- _What to work on_: The word "refused" may appear in some lines of the data; copy every such line.
Study material Block Start
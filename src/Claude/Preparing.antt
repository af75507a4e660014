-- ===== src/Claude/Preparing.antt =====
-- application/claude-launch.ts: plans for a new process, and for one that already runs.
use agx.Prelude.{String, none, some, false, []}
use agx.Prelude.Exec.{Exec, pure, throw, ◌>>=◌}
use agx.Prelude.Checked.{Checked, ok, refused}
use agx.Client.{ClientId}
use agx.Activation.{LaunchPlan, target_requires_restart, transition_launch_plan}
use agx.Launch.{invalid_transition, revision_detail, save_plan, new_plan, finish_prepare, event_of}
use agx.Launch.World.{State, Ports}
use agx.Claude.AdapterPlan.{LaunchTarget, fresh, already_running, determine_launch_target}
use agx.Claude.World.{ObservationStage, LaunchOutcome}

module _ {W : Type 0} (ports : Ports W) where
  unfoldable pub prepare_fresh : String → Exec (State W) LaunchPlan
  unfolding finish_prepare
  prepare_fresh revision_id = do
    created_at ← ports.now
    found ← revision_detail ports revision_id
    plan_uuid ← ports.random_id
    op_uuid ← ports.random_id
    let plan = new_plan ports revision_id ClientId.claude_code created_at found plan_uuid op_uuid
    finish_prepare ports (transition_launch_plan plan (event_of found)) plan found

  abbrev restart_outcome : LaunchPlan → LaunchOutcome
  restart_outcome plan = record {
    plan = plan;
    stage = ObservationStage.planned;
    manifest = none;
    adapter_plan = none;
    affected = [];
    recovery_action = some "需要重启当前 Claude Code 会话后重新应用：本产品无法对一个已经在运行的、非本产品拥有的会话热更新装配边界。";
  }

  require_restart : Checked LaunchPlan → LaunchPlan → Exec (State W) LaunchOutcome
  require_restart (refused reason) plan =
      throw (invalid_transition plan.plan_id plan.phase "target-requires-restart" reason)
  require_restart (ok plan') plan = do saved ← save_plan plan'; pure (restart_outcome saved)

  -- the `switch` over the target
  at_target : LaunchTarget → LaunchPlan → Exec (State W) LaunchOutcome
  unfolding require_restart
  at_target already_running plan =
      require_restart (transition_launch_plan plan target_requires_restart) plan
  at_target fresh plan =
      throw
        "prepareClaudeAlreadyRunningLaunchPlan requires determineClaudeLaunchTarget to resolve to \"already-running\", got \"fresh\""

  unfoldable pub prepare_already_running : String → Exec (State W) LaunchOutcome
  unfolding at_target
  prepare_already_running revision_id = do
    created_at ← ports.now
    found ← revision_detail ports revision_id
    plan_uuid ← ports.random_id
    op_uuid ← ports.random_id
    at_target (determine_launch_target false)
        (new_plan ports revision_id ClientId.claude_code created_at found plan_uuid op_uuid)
Study material Block End
Study material Block Start
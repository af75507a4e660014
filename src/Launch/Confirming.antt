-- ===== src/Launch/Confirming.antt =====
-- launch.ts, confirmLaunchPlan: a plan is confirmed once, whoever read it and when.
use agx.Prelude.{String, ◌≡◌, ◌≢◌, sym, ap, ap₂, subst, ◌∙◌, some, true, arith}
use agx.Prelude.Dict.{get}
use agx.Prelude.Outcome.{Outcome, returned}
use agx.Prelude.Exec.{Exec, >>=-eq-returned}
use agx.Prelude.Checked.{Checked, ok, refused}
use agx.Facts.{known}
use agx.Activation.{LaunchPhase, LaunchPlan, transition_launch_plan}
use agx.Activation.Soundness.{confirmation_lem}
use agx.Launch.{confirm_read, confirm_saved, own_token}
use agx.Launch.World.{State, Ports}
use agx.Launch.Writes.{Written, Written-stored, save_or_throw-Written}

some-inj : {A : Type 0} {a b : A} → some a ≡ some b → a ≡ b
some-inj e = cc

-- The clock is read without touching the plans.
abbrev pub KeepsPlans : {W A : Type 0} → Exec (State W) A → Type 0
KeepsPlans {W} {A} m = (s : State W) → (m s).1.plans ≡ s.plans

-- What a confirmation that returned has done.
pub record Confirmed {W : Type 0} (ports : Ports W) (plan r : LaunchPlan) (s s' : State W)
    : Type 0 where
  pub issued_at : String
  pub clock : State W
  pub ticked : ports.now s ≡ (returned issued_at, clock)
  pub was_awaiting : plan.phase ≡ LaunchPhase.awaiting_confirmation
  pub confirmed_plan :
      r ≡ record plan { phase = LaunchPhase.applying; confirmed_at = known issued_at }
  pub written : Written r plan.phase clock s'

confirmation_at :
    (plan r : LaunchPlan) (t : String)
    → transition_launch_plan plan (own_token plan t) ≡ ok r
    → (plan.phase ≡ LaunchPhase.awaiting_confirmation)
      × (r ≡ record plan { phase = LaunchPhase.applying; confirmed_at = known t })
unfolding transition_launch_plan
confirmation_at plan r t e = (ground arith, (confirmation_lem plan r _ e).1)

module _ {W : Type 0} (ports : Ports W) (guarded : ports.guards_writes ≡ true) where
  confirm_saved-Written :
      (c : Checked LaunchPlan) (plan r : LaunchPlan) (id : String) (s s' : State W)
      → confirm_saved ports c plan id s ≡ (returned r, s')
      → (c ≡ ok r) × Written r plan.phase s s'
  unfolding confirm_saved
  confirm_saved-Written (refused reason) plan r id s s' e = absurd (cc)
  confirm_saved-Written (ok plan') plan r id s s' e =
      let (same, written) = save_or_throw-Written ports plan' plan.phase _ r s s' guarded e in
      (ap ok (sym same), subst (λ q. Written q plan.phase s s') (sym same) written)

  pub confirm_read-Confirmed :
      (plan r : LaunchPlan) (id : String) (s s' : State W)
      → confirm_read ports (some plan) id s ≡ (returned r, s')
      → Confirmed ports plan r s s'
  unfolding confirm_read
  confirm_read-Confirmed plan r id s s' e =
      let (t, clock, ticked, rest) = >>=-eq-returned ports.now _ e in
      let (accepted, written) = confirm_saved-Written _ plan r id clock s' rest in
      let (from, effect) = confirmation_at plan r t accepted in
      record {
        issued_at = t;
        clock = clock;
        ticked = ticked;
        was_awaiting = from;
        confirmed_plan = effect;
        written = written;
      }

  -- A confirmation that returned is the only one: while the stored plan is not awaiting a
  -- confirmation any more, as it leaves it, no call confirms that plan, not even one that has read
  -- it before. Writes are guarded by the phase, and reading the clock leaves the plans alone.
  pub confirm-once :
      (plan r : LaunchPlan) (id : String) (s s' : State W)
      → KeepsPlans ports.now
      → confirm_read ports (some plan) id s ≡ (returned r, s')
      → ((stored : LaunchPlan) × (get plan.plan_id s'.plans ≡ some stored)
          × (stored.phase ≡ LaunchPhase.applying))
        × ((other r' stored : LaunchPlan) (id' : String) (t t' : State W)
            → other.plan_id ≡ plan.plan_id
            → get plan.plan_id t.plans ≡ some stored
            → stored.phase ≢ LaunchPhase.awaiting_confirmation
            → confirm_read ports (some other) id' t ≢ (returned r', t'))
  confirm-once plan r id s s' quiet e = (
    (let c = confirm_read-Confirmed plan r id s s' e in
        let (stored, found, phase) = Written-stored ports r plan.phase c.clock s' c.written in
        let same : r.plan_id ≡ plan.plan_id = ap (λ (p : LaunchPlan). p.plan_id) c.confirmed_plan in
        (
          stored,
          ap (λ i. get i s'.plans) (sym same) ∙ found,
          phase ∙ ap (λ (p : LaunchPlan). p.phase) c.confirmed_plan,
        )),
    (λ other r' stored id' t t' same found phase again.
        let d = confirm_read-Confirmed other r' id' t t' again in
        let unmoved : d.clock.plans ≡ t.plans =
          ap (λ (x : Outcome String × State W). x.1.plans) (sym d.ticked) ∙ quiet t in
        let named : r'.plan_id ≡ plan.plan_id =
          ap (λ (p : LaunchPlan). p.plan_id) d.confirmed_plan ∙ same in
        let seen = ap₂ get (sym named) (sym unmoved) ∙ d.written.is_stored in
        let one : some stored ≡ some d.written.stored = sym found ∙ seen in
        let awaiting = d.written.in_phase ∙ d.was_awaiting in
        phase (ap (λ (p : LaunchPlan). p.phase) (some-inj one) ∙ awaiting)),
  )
Study material Block End
- _Exercise output_:
use agx.Prelude.Checked.{Checked, ok, refused}
  require_restart (refused reason) plan =
use agx.Prelude.Checked.{Checked, ok, refused}
  confirm_saved-Written (refused reason) plan r id s s' e = absurd (cc)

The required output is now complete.